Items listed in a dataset
--------

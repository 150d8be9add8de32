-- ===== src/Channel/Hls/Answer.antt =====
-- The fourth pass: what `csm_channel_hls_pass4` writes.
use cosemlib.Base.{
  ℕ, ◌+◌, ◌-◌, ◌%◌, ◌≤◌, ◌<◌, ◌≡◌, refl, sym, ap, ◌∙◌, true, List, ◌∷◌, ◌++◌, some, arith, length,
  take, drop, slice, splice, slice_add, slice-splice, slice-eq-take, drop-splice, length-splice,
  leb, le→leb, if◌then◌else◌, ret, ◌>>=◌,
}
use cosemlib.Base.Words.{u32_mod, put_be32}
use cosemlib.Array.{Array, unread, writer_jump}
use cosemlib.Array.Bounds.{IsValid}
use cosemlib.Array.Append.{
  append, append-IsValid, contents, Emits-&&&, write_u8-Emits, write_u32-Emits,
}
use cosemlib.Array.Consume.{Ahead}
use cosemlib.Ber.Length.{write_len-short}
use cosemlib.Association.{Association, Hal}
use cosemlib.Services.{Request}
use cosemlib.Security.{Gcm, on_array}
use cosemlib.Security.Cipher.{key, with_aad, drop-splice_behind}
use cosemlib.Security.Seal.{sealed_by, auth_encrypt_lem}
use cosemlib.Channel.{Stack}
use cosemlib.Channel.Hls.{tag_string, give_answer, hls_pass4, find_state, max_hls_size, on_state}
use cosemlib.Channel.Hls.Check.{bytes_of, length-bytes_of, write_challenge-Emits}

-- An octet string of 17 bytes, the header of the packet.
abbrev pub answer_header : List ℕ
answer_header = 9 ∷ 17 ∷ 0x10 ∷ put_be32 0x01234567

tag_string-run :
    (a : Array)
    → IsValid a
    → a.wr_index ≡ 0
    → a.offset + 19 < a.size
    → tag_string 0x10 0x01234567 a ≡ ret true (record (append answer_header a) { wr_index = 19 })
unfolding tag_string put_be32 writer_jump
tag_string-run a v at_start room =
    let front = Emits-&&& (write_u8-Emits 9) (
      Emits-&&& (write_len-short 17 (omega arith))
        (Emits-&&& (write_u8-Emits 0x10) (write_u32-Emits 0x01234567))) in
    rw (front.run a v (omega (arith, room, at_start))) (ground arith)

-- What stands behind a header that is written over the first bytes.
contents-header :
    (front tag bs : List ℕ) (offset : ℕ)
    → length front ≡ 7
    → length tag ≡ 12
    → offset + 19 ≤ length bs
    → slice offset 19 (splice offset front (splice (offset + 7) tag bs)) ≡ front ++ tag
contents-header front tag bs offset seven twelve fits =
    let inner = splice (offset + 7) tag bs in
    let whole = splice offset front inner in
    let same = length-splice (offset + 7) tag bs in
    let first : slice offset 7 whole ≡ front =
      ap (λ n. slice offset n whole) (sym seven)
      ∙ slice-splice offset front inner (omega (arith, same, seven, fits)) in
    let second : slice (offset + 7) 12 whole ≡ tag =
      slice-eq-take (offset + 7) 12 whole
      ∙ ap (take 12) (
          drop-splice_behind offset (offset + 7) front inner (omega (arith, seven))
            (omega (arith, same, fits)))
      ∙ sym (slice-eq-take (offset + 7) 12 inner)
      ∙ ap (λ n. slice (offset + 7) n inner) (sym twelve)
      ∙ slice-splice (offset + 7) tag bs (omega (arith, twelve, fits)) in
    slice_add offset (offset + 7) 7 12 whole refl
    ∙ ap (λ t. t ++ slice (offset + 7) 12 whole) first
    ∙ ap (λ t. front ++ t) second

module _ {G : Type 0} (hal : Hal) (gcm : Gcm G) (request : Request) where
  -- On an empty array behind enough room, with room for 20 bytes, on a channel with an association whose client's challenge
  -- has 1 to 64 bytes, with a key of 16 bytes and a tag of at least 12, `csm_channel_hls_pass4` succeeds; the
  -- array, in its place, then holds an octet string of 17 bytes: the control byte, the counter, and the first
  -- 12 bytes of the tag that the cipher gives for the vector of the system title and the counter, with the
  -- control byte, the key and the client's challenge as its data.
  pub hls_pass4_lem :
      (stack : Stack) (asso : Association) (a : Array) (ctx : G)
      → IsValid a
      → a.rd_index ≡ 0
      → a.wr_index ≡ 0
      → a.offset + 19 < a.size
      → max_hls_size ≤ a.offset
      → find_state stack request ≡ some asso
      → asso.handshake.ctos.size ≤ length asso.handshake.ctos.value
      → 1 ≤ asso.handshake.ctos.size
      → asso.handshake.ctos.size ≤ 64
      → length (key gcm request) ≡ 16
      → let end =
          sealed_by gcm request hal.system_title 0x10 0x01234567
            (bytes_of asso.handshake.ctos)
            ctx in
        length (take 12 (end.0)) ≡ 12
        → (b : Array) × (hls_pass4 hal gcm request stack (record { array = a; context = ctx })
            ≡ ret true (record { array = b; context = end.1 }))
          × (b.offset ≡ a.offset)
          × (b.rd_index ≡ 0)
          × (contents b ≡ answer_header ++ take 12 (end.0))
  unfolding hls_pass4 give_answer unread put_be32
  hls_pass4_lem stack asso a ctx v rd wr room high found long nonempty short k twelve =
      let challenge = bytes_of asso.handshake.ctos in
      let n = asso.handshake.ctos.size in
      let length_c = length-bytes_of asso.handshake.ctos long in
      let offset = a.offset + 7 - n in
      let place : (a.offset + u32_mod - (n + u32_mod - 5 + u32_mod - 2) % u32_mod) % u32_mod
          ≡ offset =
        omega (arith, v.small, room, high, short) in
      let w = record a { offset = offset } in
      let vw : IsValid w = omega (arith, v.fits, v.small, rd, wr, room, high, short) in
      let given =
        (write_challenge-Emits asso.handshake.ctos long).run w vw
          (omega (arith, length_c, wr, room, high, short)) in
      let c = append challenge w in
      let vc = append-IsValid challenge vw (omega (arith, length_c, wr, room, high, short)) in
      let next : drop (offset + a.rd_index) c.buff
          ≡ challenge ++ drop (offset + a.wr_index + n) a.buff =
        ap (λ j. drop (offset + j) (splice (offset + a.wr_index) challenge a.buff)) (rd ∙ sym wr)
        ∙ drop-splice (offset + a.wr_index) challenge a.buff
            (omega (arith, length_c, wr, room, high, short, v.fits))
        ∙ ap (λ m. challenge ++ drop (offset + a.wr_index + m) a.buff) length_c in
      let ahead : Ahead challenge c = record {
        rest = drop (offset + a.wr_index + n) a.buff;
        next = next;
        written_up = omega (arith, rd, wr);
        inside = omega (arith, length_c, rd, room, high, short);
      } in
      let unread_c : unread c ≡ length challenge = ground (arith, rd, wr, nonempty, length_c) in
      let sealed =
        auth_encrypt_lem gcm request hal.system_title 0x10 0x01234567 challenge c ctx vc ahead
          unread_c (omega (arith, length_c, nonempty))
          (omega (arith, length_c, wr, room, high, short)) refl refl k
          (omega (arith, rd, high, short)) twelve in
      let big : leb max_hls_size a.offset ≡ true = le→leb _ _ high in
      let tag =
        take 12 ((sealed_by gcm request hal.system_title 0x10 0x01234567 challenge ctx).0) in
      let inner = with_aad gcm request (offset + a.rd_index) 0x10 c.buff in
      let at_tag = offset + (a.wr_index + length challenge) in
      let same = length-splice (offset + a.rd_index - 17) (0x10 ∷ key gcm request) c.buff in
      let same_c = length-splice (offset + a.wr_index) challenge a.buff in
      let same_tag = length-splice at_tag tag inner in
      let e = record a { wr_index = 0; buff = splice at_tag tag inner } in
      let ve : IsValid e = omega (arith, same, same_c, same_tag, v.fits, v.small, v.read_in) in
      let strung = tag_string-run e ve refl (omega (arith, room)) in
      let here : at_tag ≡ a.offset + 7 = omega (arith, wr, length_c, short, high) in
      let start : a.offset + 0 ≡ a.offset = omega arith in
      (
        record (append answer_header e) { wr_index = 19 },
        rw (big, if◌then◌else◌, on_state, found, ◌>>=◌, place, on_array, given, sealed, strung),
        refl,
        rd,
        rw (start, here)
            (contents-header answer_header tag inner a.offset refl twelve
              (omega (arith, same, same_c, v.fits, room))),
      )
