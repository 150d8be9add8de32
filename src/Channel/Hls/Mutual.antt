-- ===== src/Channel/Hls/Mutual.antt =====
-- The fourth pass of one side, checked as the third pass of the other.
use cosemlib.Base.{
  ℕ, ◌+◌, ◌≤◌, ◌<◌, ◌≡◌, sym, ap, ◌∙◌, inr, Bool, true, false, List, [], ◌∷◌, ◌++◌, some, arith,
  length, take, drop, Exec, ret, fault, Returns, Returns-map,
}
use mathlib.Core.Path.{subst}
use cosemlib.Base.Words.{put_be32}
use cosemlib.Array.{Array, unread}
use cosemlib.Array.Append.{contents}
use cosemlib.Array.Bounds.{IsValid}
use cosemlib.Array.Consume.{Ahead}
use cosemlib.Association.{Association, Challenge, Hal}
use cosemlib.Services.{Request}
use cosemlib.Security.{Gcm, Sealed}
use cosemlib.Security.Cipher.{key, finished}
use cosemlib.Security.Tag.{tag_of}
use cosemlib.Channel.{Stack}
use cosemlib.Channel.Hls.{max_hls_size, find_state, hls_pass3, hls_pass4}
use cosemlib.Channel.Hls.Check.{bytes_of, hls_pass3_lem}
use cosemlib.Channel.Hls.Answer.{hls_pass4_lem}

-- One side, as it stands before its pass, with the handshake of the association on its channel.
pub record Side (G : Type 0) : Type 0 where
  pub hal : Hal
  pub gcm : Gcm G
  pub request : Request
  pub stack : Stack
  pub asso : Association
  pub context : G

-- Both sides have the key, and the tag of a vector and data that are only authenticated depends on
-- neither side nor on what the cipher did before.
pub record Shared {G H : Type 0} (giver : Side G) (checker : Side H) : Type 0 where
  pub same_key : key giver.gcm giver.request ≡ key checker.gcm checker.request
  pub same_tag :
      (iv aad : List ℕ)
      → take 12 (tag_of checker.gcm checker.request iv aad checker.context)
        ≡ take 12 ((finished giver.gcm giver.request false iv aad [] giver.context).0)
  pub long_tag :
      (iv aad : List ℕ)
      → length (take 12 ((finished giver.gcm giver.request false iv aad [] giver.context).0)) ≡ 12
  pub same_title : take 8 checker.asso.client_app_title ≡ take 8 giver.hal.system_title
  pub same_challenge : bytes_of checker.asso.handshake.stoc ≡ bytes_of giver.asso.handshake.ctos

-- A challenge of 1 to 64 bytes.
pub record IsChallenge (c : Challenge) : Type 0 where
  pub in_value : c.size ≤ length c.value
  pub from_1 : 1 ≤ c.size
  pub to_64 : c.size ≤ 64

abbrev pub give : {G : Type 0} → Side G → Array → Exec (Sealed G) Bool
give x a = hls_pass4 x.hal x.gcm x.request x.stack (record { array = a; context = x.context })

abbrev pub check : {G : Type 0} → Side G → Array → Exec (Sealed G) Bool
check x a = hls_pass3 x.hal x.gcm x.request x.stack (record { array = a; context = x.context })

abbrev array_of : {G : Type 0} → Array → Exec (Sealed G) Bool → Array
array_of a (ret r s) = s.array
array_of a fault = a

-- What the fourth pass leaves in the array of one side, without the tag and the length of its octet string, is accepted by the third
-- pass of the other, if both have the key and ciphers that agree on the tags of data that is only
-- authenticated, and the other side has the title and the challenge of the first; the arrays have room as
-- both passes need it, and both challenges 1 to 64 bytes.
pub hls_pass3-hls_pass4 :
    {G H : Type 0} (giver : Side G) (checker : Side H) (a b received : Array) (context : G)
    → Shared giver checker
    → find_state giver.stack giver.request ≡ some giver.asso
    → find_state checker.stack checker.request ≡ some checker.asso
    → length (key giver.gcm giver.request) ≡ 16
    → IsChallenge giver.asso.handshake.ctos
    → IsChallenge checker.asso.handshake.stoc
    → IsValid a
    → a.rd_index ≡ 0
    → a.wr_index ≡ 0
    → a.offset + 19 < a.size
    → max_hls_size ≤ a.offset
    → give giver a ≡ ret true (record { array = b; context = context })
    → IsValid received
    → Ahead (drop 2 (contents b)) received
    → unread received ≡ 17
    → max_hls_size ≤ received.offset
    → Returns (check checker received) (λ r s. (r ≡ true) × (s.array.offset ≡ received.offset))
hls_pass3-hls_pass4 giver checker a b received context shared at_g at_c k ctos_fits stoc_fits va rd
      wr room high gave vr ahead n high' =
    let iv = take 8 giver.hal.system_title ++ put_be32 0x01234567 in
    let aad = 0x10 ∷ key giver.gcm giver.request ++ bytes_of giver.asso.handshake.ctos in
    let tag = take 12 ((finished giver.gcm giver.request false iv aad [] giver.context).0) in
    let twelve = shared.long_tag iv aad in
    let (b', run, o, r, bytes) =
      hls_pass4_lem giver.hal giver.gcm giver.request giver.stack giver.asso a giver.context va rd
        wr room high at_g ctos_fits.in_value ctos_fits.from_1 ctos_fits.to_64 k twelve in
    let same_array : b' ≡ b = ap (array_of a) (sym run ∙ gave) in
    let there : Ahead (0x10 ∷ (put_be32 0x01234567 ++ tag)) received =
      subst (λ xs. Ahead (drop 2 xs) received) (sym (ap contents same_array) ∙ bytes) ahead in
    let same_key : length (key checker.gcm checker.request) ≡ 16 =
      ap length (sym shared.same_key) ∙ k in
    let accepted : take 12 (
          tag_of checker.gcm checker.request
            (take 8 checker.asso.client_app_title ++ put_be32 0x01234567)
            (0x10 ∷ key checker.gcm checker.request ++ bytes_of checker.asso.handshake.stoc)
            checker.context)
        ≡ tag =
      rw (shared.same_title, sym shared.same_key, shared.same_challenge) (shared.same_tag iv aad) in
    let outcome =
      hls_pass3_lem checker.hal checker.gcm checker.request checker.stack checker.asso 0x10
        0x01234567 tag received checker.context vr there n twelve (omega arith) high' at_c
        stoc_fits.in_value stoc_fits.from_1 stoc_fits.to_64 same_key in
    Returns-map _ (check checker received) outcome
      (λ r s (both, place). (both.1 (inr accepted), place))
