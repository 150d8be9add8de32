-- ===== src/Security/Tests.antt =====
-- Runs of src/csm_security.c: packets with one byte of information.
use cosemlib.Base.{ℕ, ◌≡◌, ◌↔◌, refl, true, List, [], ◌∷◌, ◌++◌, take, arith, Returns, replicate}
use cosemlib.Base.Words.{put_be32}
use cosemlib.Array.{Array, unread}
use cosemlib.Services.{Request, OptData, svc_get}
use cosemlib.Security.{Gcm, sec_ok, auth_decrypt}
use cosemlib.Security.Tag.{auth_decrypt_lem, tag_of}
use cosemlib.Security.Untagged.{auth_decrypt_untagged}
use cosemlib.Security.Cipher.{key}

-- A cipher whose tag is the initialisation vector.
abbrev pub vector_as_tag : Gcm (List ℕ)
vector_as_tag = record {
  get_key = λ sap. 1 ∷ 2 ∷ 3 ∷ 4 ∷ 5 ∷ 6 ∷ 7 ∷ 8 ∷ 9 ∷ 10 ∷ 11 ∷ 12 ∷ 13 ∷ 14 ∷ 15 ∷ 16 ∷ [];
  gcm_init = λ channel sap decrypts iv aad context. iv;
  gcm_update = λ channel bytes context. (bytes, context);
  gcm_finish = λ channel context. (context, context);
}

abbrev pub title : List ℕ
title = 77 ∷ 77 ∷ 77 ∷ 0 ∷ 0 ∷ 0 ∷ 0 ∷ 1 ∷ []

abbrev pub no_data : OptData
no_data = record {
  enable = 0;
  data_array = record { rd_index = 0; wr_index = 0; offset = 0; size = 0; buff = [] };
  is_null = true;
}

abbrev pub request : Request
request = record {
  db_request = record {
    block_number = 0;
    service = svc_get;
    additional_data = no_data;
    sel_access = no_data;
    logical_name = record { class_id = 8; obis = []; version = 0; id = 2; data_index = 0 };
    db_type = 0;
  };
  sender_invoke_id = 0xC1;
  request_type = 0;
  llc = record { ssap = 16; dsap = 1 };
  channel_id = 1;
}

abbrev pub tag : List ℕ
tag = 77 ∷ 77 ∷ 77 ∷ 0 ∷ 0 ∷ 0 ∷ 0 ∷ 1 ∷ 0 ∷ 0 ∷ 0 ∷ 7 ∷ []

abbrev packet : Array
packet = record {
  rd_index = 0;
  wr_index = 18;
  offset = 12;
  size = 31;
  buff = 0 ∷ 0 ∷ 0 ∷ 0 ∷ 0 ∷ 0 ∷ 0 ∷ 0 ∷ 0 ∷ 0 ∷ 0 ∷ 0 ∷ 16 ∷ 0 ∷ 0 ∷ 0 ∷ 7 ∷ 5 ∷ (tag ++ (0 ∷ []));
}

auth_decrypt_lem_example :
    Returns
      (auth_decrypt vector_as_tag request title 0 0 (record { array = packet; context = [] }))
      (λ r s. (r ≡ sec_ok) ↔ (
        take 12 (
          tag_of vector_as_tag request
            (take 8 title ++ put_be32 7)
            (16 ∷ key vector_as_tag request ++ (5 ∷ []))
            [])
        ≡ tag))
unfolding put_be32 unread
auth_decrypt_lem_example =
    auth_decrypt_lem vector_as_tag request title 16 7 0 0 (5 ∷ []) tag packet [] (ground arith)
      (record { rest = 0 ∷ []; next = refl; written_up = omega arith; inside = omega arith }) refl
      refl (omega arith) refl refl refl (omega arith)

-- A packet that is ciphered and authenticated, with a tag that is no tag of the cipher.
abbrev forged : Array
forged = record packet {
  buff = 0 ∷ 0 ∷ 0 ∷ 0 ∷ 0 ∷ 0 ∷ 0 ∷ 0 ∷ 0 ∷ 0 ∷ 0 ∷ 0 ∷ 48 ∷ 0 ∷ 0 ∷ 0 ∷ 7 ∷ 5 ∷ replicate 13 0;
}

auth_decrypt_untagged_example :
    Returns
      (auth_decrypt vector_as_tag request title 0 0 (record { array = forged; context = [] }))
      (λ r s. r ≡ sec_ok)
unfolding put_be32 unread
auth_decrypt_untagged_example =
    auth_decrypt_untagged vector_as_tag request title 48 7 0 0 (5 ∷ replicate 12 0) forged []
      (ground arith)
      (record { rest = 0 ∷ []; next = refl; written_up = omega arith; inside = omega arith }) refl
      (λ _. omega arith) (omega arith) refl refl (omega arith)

--------

Work to be completed
Write out again, exactly, the lines from the start of the entries up to and including the one with "19 ≤ length bs". Nothing else belongs in the reply.

Response area
repository 150d8be9add8de32
-- ===== src/Channel/Hls/Answer.antt =====
-- The fourth pass: what `csm_channel_hls_pass4` writes.
use cosemlib.Base.{
  ℕ, ◌+◌, ◌-◌, ◌%◌, ◌≤◌, ◌<◌, ◌≡◌, refl, sym, ap, ◌∙◌, true, List, ◌∷◌, ◌++◌, some, arith, length,
  take, drop, slice, splice, slice_add, slice-splice, slice-eq-take, drop-splice, length-splice,
  leb, le→leb, if◌then◌else◌, ret, ◌>>=◌,
}
use cosemlib.Base.Words.{u32_mod, put_be32}
use cosemlib.Array.{Array, unread, writer_jump}
use cosemlib.Array.Bounds.{IsValid}
use cosemlib.Array.Append.{
  append, append-IsValid, contents, Emits-&&&, write_u8-Emits, write_u32-Emits,
}
use cosemlib.Array.Consume.{Ahead}
use cosemlib.Ber.Length.{write_len-short}
use cosemlib.Association.{Association, Hal}
use cosemlib.Services.{Request}
use cosemlib.Security.{Gcm, on_array}
use cosemlib.Security.Cipher.{key, with_aad, drop-splice_behind}
use cosemlib.Security.Seal.{sealed_by, auth_encrypt_lem}
use cosemlib.Channel.{Stack}
use cosemlib.Channel.Hls.{tag_string, give_answer, hls_pass4, find_state, max_hls_size, on_state}
use cosemlib.Channel.Hls.Check.{bytes_of, length-bytes_of, write_challenge-Emits}

-- An octet string of 17 bytes, the header of the packet.
abbrev pub answer_header : List ℕ
answer_header = 9 ∷ 17 ∷ 0x10 ∷ put_be32 0x01234567

tag_string-run :
    (a : Array)
    → IsValid a
    → a.wr_index ≡ 0
    → a.offset + 19 < a.size
    → tag_string 0x10 0x01234567 a ≡ ret true (record (append answer_header a) { wr_index = 19 })
unfolding tag_string put_be32 writer_jump
tag_string-run a v at_start room =
    let front = Emits-&&& (write_u8-Emits 9) (
      Emits-&&& (write_len-short 17 (omega arith))
        (Emits-&&& (write_u8-Emits 0x10) (write_u32-Emits 0x01234567))) in
    rw (front.run a v (omega (arith, room, at_start))) (ground arith)

-- What stands behind a header that is written over the first bytes.
contents-header :
    (front tag bs : List ℕ) (offset : ℕ)
    → length front ≡ 7
    → length tag ≡ 12
    → offset + 19 ≤ length bs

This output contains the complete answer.